En la acuicultura moderna, obtener un mayor rendimiento de proteína comestible, en lugar de un simple aumento de peso general, es un objetivo crítico, pero a menudo pasado por alto. Históricamente, una parte relevante del crecimiento puede deberse al aumento del tamaño de órganos internos o a la acumulación de grasa, sin traducirse necesariamente en más músculo aprovechable.
Ahora, un reciente estudio en tilapia del Nilo publicado en la revista Journal of Animal Science and Biotechnology plantea una vía distinta para mejorar la eficiencia productiva a través del uso de bacterias autóctonas.

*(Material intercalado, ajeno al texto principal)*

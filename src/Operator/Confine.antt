-- ===== src/Operator/Confine.antt =====
-- What a stream and a deadline let through to the handler.
use bifrost_platform_plugin.Protocol.Laws.{parse-deadline}
use bifrost_platform_plugin.Prelude.{
  some, ℤ, pos, negsuc, ◌<◌, ◌⊎◌, ◌++◌, false, ltb, arith, if◌then◌else◌, ℕ, ◌≡◌, refl, ap, inl,
  inr, true, not, Option, Bool-cases,
}
use bifrost_platform_plugin.Text.{Text, txt, Fields, mem_text, get}
use bifrost_platform_plugin.Effects.{Outcome, returned, continue_with, Env}
use bifrost_platform_plugin.Json.{Dict, Python}
use bifrost_platform_plugin.Redis.{Redis}
use bifrost_platform_plugin.RedisKeys.{ib_operator_env_cmd_streams}
use bifrost_platform_plugin.Protocol.{
  all_ops, read_only_ops, prod_only_ops, CommandMessage, is_expired, Parsed, accepted, rejected,
  parse_stream_fields, read_deadline,
}
use bifrost_platform_plugin.Protocol.Laws.{op_one_allowlist}
use bifrost_platform_plugin.Operator.{
  Handler, op_allowed_on_stream, failure, envelope_of, fields_of, respond, answer_at, answer,
  serve_parsed, process_entry,
}

-- On an environment's stream the operations of the production stream are refused, and no others:
-- an operation of the protocol is allowed exactly when it is not one of those.
pub env_stream_allows :
    (op stream : Text)
    → mem_text stream ib_operator_env_cmd_streams ≡ true
    → mem_text op all_ops ≡ true
    → op_allowed_on_stream op stream ≡ not (mem_text op prod_only_ops)
unfolding op_allowed_on_stream
env_stream_allows op stream on_env known = rw on_env (op_one_allowlist op known)

-- The two handlers do the same with every message that may come on an environment's stream.
abbrev pub AgreeOnReads : {W : Type 0} → Handler W → Handler W → Type 0
AgreeOnReads h k =
    (msg : CommandMessage) (w : _) → mem_text msg.op read_only_ops ≡ true → h msg w ≡ k msg w

-- The deadline is before the clock's reading, in milliseconds.
abbrev pub IsPast : ℤ → ℕ → Type 0
IsPast (pos n) now = n < now
IsPast (negsuc n) now = Unit

IsPast-cases :
    (d : ℤ) (now : ℕ) (msg : CommandMessage)
    → msg.deadline_ms ≡ some d
    → (IsPast d now × (is_expired now msg ≡ true))
      ⊎ ((¬ IsPast d now) × (is_expired now msg ≡ false))
unfolding is_expired
IsPast-cases (pos n) now msg e = elim (Bool-cases (ltb n now)) [
  | inl late ↦ inl (ground arith, rw e (ground arith))
  | inr early ↦ inr (λ past. ground arith, rw e (ground arith))
]
IsPast-cases (negsuc n) now msg e = inl (tt, rw e (ground arith))

module _ {W : Type 0} (rds : Redis W) (py : Python) (env : Env W) where
  answer_at-agree :
      (h k : Handler W) (stream : Text) (msg : CommandMessage) (now : ℕ) (w : W)
      → AgreeOnReads h k
      → mem_text stream ib_operator_env_cmd_streams ≡ true
      → answer_at rds py env h stream msg now w ≡ answer_at rds py env k stream msg now w
  unfolding answer_at op_allowed_on_stream
  answer_at-agree h k stream msg now w same on_env = elim (Bool-cases (is_expired now msg)) [
    | inl late ↦ rw late
    | inr early ↦ elim (Bool-cases (mem_text msg.op read_only_ops)) [
      | inl reads ↦ rw (early, on_env, reads, same msg w reads)
      | inr other ↦ rw (early, on_env, other)
    ]
  ]

  serve_parsed-agree :
      (h k : Handler W) (stream : Text) (p : Parsed) (w : W)
      → AgreeOnReads h k
      → mem_text stream ib_operator_env_cmd_streams ≡ true
      → serve_parsed rds py env h stream p w ≡ serve_parsed rds py env k stream p w
  unfolding serve_parsed answer
  serve_parsed-agree h k stream (rejected message) w same on_env = refl
  serve_parsed-agree h k stream (accepted msg) w same on_env =
      ap (λ r. continue_with (respond rds py env msg.req_id) r.0 r.1)
        (answer_at-agree h k stream msg (env.clock_ms w) w same on_env)

  -- An entry of an environment's stream never reaches what the handler does for the other
  -- operations: two handlers that agree on the read operations leave the same outcome and world.
  pub env_stream_confines :
      (h k : Handler W) (stream group : Text) (entry : Text × Option Fields) (w : W)
      → AgreeOnReads h k
      → mem_text stream ib_operator_env_cmd_streams ≡ true
      → process_entry rds py env h stream group entry w
        ≡ process_entry rds py env k stream group entry w
  unfolding process_entry
  env_stream_confines h k stream group (id, fields) w same on_env =
      ap (λ r. continue_with (λ _. rds.xack stream group id) r.0 r.1)
        (serve_parsed-agree h k stream (parse_stream_fields py (fields_of fields) id) w same on_env)

  -- What a command gets that is in time: the handler's reply, where its stream allows it.
  abbrev pub served : Handler W → Text → CommandMessage → W → Outcome Dict × W
  served h stream msg w =
      if op_allowed_on_stream msg.op stream
      then (returned (envelope_of msg.req_id (h msg w).0), (h msg w).1)
      else (returned (failure msg.req_id (txt "op_not_allowed_on_stream:" ++ msg.op)), w)

  answer-late :
      (h : Handler W) (stream : Text) (msg : CommandMessage) (w : W)
      → is_expired (env.clock_ms w) msg ≡ true
      → answer rds py env h stream msg w
        ≡ (returned (failure msg.req_id (txt "deadline_expired")), w)
  unfolding answer answer_at
  answer-late h stream msg w late = rw late refl

  answer-timely :
      (h : Handler W) (stream : Text) (msg : CommandMessage) (w : W)
      → is_expired (env.clock_ms w) msg ≡ false
      → answer rds py env h stream msg w ≡ served h stream msg w
  unfolding answer answer_at
  answer-timely h stream msg w early = elim (Bool-cases (op_allowed_on_stream msg.op stream)) [
    | inl allowed ↦ rw (early, allowed) refl
    | inr refused ↦ rw (early, refused) refl
  ]

  process_entry-late :
      (h k : Handler W) (stream group : Text) (entry : Text × Option Fields) (w : W)
      (msg : CommandMessage)
      → parse_stream_fields py (fields_of entry.1) entry.0 ≡ accepted msg
      → is_expired (env.clock_ms w) msg ≡ true
      → process_entry rds py env h stream group entry w
        ≡ process_entry rds py env k stream group entry w
  unfolding process_entry serve_parsed
  process_entry-late h k stream group (id, fields) w msg ok late =
      rw (ok, answer-late h stream msg w late, answer-late k stream msg w late) refl

  -- A command is answered with `deadline_expired`, on every stream and for every operation, exactly
  -- if the number in its field deadline_ms is before the clock. Then the handler is not called: any
  -- two handlers leave the same outcome. Otherwise it gets the handler's reply where its stream
  -- allows it.
  pub deadline_decides :
      (h k : Handler W) (stream group : Text) (entry : Text × Option Fields) (w : W)
      (msg : CommandMessage) (d : ℤ)
      → parse_stream_fields py (fields_of entry.1) entry.0 ≡ accepted msg
      → read_deadline (get (txt "deadline_ms") (fields_of entry.1)) ≡ some (some d)
      → (IsPast d (env.clock_ms w)
          × (process_entry rds py env h stream group entry w
              ≡ process_entry rds py env k stream group entry w)
          × (answer rds py env h stream msg w
              ≡ (returned (failure msg.req_id (txt "deadline_expired")), w)))
        ⊎ ((¬ IsPast d (env.clock_ms w))
            × (answer rds py env h stream msg w ≡ served h stream msg w))
  deadline_decides h k stream group entry w msg d ok read =
      let kept = parse-deadline py (fields_of entry.1) entry.0 msg d ok read in
      elim (IsPast-cases d (env.clock_ms w) msg kept) [
        | inl (past, late) ↦ inl (
          past,
          process_entry-late h k stream group entry w msg ok late,
          answer-late h stream msg w late,
        )
        | inr (future, early) ↦ inr (future, answer-timely h stream msg w early)
      ]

La investigación analizó la incorporación en la dieta de la bacteria intestinal Cetobacterium somerae ZNN-1 y observó un efecto claro: la suplementación no alteró significativamente la ganancia de peso ni la conversión del pienso, pero sí incrementó de forma significativa el rendimiento en canal, es decir, la proporción de tejido comestible del pez, elevando además el contenido de proteína bruta en el músculo. Paralelamente, los animales mostraron un menor índice hepatosomático y una reducción del contenido total de lípidos, dando como resultado peces más magros y con mejor estado hepático.
Detrás de este efecto hay un mecanismo biológico poco habitual en acuicultura. La cepa C. somerae ZNN-1 no actúa directamente sobre el metabolismo del pez, sino que interactúa con el ecosistema intestinal sintetizando corismato, un metabolito que sirve como precursor para que otras bacterias de la microbiota produzcan vitamina K2 de forma endógena. Este proceso cooperativo dentro del microbioma convierte a la vitamina K2 en el verdadero mediador de los efectos observados.
A nivel muscular, la vitamina K2 favorece la captación de glucosa y activa rutas metabólicas implicadas en la síntesis de proteínas, lo que impulsa la deposición de tejido muscular sin necesidad de aumentar la biomasa total. En paralelo, a nivel hepático, activa mecanismos asociados al catabolismo lipídico, reduciendo la acumulación de grasa y mejorando la salud del hígado.
Este enfoque introduce un cambio relevante en la lógica productiva: optimizar la calidad del crecimiento, y no solo su volumen. En lugar de producir más pescado, el objetivo pasa a ser producir más proteína útil.
No obstante, la ausencia de mejora en crecimiento y el hecho de que parte de los mecanismos hayan sido validados en modelos celulares indican que su aplicación directa en condiciones comerciales aún requiere confirmación, especialmente teniendo en cuenta la dependencia de la microbiota existente en cada sistema de cultivo.
Actualmente, muchos de los probióticos utilizados en acuicultura proceden de fuentes externas como alimentos fermentados o plantas, lo que puede generar incertidumbre sobre su adaptación a los peces. En este contexto, el uso de bacterias autóctonas como C. somerae, presentes de forma natural en el tracto intestinal de especies de agua dulce, refuerza la idea de desarrollar aditivos más específicos, funcionales y potencialmente más seguros.
En un escenario marcado por el coste del pienso y la necesidad de mejorar la eficiencia, la posibilidad de aumentar la proporción de proteína comestible sin incrementar la biomasa abre una nueva vía estratégica para la acuicultura, donde el rendimiento real empieza a medirse más allá del peso final del pez.